Challenges During Creation
While Shetty learned more about the challenges facing SEPTA and the rest of the transit industry, there were also obstacles during the cultivation of “Philly Daydreams.”
One of the challenges for Shetty was logistical.
“I wanted to film everyone on a train, trolley, or bus to make it feel like we were traveling with the person telling their story,” she said. “This involved organizing shoots where the transit vehicles would be empty and stationary. We filmed in the shops at Fern Rock Transportation Center, 69th Street Station, and at the Midvale and Elmwood Bus Depots.”
The other challenge was the project's sheer scope and preparation for all the different stages.
“This is my most ambitious project to date, and at every stage, we were juggling many formats, platforms, and technologies,” Shetty said. “There is the installation and exhibition at the Oculus space below City Hall, which involves multi-channel video projection; the design and printing of the ‘Philly Daydreams’ car cards with QR codes that would trigger videos on all the transit lines, and finally preparing transcribed versions of the stories for SEPTAʻs short edition story kiosks.”

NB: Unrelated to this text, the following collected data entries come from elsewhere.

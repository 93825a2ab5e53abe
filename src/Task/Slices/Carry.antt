-- ===== src/Task/Slices/Carry.antt =====
-- The counts of a task from one slice to the next.
use schedmon.Prelude.{
  ℕ, zero, suc, ◌+◌, ◌≤◌, ◌≡◌, refl, ap, ◌∙◌, arith, Bool, List, [], ◌∷◌, length, inl, inr, ℤ,
  to_u32, bit_and-mask, Option-cases,
}
use schedmon.Event.{Events, smon_get_event}
use schedmon.EvSet.{EvSet, max_gp_ctrs}
use schedmon.Pmc.{
  Cpu, Pmc, ia32_fx_ctr, ia32_gp_ctr, ia32_perfevtsel, ia32_fixed_ctr_ctrl,
  ia32_perf_global_ovf_ctrl, max_fx_ctrs, read_ctrs, msr_write, set_events, smon_pmc_clr_overflows,
  smon_pmc_set, smon_pmc_write, smon_pmc_read, smon_pmc_start, smon_pmc_stop, fx_used, gp_used,
}
use schedmon.Pmc.Keep.{
  Keeps, IsSetup, AllBelow, masked, stays, smon_pmc_write-IsStopped, smon_pmc_write-read,
}
use schedmon.Task.{Task}
use schedmon.Task.Sampling.{start_evset, stop_evset}

module _ {S : Type 0} (cpu : Cpu S) where
  length-read_ctrs :
      (base : ℕ) (used : ℕ → Bool) (s : S) (i n : ℕ) → length (read_ctrs cpu base used s i n) ≡ n
  unfolding read_ctrs
  length-read_ctrs base used s i zero = refl
  length-read_ctrs base used s i (suc n) = ap suc (length-read_ctrs base used s (suc i) n)

  masked-read_ctrs :
      (base : ℕ) (used : ℕ → Bool) (s : S) (i n : ℕ)
      → masked used i (read_ctrs cpu base used s i n) ≡ read_ctrs cpu base used s i n
  unfolding read_ctrs
  masked-read_ctrs base used s i zero = refl
  masked-read_ctrs base used s i (suc n) =
      let rest : masked used (suc i) (read_ctrs cpu base used s (suc i) n)
          ≡ read_ctrs cpu base used s (suc i) n =
        masked-read_ctrs base used s (suc i) n in
      ground arith

  module _ (IsStopped : S → Type 0) (keeps : Keeps cpu IsStopped) where
    set_events-IsStopped :
        (events : Events) (i : ℕ) (ids : List ℤ) (s : S)
        → IsStopped s
        → i + length ids ≤ max_gp_ctrs
        → IsStopped (set_events cpu events i ids s)
    unfolding set_events
    set_events-IsStopped events i [] s stop few = stop
    set_events-IsStopped events i (e ∷ es) s stop few =
        elim (Option-cases (smon_get_event events (to_u32 e))) [
          | inl unknown ↦
              rw (unknown, set_events) (set_events-IsStopped events (suc i) es s stop (omega arith))
          | inr (event, known) ↦
              let w : IsSetup (ia32_perfevtsel + i) = inr (inl (omega arith, omega arith)) in
              rw (known, set_events)
                (set_events-IsStopped events (suc i) es
                  (msr_write cpu s (ia32_perfevtsel + i) event.perfevtsel)
                  (stays cpu IsStopped keeps s (ia32_perfevtsel + i) event.perfevtsel stop w)
                  (omega arith))
        ]

    smon_pmc_set-IsStopped :
        (events : Events) (evset : EvSet) (s : S)
        → IsStopped s
        → length evset.evids ≡ max_gp_ctrs
        → IsStopped (smon_pmc_set cpu events evset s)
    unfolding smon_pmc_set smon_pmc_clr_overflows
    smon_pmc_set-IsStopped events evset s stop four =
        let fixed : S = msr_write cpu s ia32_fixed_ctr_ctrl evset.fixed_ctrl in
        let on =
          stays cpu IsStopped keeps s ia32_fixed_ctr_ctrl evset.fixed_ctrl stop
            (inr (inr (inl refl))) in
        stays cpu IsStopped keeps (set_events cpu events 0 evset.evids fixed)
          ia32_perf_global_ovf_ctrl 0
          (set_events-IsStopped events 0 evset.evids fixed on (omega arith)) (inr (inr (inr refl)))

    smon_pmc_stop-IsStopped : (s : S) → IsStopped (smon_pmc_stop cpu s)
    unfolding smon_pmc_stop msr_write
    smon_pmc_stop-IsStopped s = rw (bit_and-mask 32 0) (keeps.stops s)

    -- When a task is switched out of a core, the core is left stopped. When it is switched in again,
    -- on the same core or another that is stopped, with the same event-set of four places, its
    -- counters hold, at the moment when they are started, what they held when it was switched out,
    -- whatever `found` else is in the registers; all counts below 2^48, on cores that keep stopped
    -- counters as `Keeps` says.
    pub start_evset-stop_evset :
        (events : Events) (evset : EvSet) (on off : ℕ) (task : Task) (left found : S)
        → IsStopped found
        → length evset.evids ≡ max_gp_ctrs
        → AllBelow (smon_pmc_read cpu evset (smon_pmc_stop cpu left)).fx
        → AllBelow (smon_pmc_read cpu evset (smon_pmc_stop cpu left)).gp
        → IsStopped (stop_evset cpu evset off task left).1
          × ((ready : S) × IsStopped ready
              × ((start_evset cpu events evset on (stop_evset cpu evset off task left).0 found).1
                  ≡ smon_pmc_start cpu evset ready)
              × (smon_pmc_read cpu evset ready ≡ smon_pmc_read cpu evset (smon_pmc_stop cpu left)))
    unfolding start_evset stop_evset smon_pmc_read
    start_evset-stop_evset events evset on off task left found stop four a b =
        let stopped : S = smon_pmc_stop cpu left in
        let counts : Pmc = smon_pmc_read cpu evset stopped in
        let set : S = smon_pmc_set cpu events evset found in
        let quiet = smon_pmc_set-IsStopped events evset found stop four in
        let three = length-read_ctrs ia32_fx_ctr (fx_used evset) stopped 0 max_fx_ctrs in
        let gp_four = length-read_ctrs ia32_gp_ctr (gp_used evset) stopped 0 max_gp_ctrs in
        let fx = masked-read_ctrs ia32_fx_ctr (fx_used evset) stopped 0 max_fx_ctrs in
        let gp = masked-read_ctrs ia32_gp_ctr (gp_used evset) stopped 0 max_gp_ctrs in
        (
          smon_pmc_stop-IsStopped left,
          (
            smon_pmc_write cpu counts set,
            smon_pmc_write-IsStopped cpu IsStopped keeps counts set quiet three gp_four,
            refl,
            smon_pmc_write-read cpu IsStopped keeps counts evset set quiet three gp_four a b
                ∙ (λ i. record { fx = fx i; gp = gp i }),
          ),
        )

Shetty thanked her residency project managers, AlʻLee Floyd at SEPTA and Ginger Rudolph from Mural Arts, who organized and managed this project's complex logistics. “The support of Forman Arts Initiative staff was vital for the final shape and development of the project. It was undoubtedly a dream team,” Shetty added.
Takeaways from ‘Philly Daydreams’
Shetty said she is always thinking of ways technology can provide a stronger connection to nature and individuals.
“While traveling in public transit, I see everyone absorbed and scrolling on their phones, and I think it would be wonderful if the phone could instead be a tool to open up an art experience,” Shetty said. “There is something magical about holding up a phone to an image or QR code and having it trigger a video or a story.”
Shetty filmed all the featured artists, community leaders, and transit workers on buses, trains, and trolleys so that when people watch the stories, “it feels like they are riding along with the storytellers as fellow passengers.”
As Shetty worked with Forman Arts Initiative and Mural Arts to shape the final project, she started to explore a theme that would tie all the different layers of the project together.
“This is where I thought about how, for me, public transit lends itself to daydreaming – looking outside at the lights or the landscapes and letting your mind wander,” she added. “It becomes this special moment when you can transcend the boundaries of time and space and start envisioning and imagining. I thought of using the idea of daydreaming to enter people's stories and create connections between riders and transit workers.”